Eu sou formado na dor

Todo palmeirense é acostumado a discutir de maneira dura por tudo. O estilo italiano, ranzinza e corneteiro impede que sejamos totalmente brandos em dias de dor. Mas se tem algo que todo torcedor palmeirense concorda, é no quanto doeu e nos maltratou a derrota para o Boca Juniors no jogo de ida da semifinal da copa libertadores. Reedição da última semifinal que participamos do mesmo campeonato e que pelo mesmo time fomos eliminados. Doeu, machucou, nos fez sangrar por dentro. Senão por estarmos tão confiantes sobre esse ser o ano da conquista da América, então por vermos que até os 38 do segundo tempo, as condições eram muito mais favoráveis à nos que aos nossos adversários xeneizes.


Foram dois golpes duros, certeiros, na cara. Dois golpes que se tivessem sido desferidos em uma luta de MMA, certamente seriam aqueles que tonteiam o adversário e os jogam no tatame, quase em nocaute. No caso, o tal do Benedetto arranjou forças sobrenaturais para jogar de cara no tatame e quase em nocaute um montante de mais ou menos dezoito milhões de pessoas, ao mesmo tempo.


No entanto, caros amigos, venho aqui lembrar a todos que em uma luta de MMA, um lutador não ganha a disputa apenas por tontear o adversário. Por mais forte que seja o golpe, é necessário nocautear. Tirar de combate. Derrotar por completo. E não, o Boca não conseguiu fazer isso.

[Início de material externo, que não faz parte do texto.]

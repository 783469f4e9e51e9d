-- ===== src/Aspace/Examples.antt =====
-- Memory at 0x40000000, and a device that counts its accesses.
use oemu.Common.{ℕ, ◌+◌, ◌≡◌, refl, true, some, [], ◌∷◌, Bank, arith}
use oemu.Common.Status.{ok, word}
use oemu.Aspace.{size_to_bytes, DeviceOps, ram, Aspace, World, attach_device}
use oemu.Aspace.Table.{IsTable, AllApart, IsPlaced, IsValid, MapsKeep, map-MapsKeep}
use oemu.Aspace.Route.{Serves, attach_device-Serves}

abbrev counter : DeviceOps ℕ
counter = record {
  read = λ n offset size. record { status = ok; value = n; state = n + 1 };
  write = λ n offset size v. record { status = ok; value = 0; state = n + v };
}

abbrev one_bank : Aspace ℕ
one_bank = record {
  regions = record { pa = 0x40000000; size = 0x1000; perms = 7; backing = ram 0x500000 true } ∷ [];
  region_capacity = 4;
}

abbrev heap : Bank
heap = λ i. 0

abbrev world : World ℕ
world = record { heap = heap; devices = 5 }

attached : (attach_device one_bank heap 0x9000000 0x1000 counter).status ≡ ok
unfolding attach_device
attached = refl

one_bank-IsValid : IsValid one_bank
unfolding IsTable AllApart IsPlaced
one_bank-IsValid = record {
  table = (record { there = omega arith; fits = omega arith; placed = tt }, (tt, tt));
  room = omega arith;
}

map-MapsKeep_example : MapsKeep one_bank heap 0x9000000 0x1000 3 0x600000 (some 0x700000) counter
map-MapsKeep_example =
    map-MapsKeep one_bank heap 0x9000000 0x1000 3 0x600000 (some 0x700000) counter (omega arith)
      one_bank-IsValid

attach_device-Serves_example : Serves one_bank heap 0x9000000 0x1000 counter world 0x18 word true 7
unfolding attach_device size_to_bytes
attach_device-Serves_example =
    attach_device-Serves one_bank heap 0x9000000 0x1000 counter world 0x18 word true 7 (omega arith)
      refl (omega arith)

Do lado de cá tem alguém formado há muito tempo na dor. Temos o time da virada e do amor. Time de reverter placares elásticos e time de calar a boca de muitos que torcem contra. No fundo, vocês sabem, fazemos muito isso a todo momentos. Do lado de cá, temos o lutador que se levanta nos momentos de adversidades e que faz da dor, sua motivação para vencer a luta. Do lado de cá, temos alguém que sempre sabe o que vem pela frente e que a dureza da guerra nunca tarda a aparecer. Que sabe que uma hora ou outra ela vem. Momentos de muita tranquilidade jamais combinaram com nossa história, de lutas, mas também de glórias.


O jogo na bombonera foi apenas a primeira parte de uma batalha que ainda não acabou. Independente de quem seja o adversário. Sabemos que bem no ardor da partida é que mostramos o quanto sabemos transformar a lealdade à nossa história de muitas reviravoltas em um padrão para se vencer qualquer tipo de guerra. Um padrão que mostra que ao fim de tudo isso, somos de fato, merecedores da glória. Somos e merecemos ser, de fato, campeões.


@ZMarceloJr/ @ClickParmera
@ZMarceloJr/ @ClickParmera

Arquibancada, torcedor de raça!


Por enquanto, deixamos essa reviravolta para semana que vem. Afinal, temos o Flamengo pela frente em mais uma finalíssima dentro de várias nesta reta final de campeonato brasileiro. Partida essa que pode definir o campeonato a nosso favor ou não. Foco!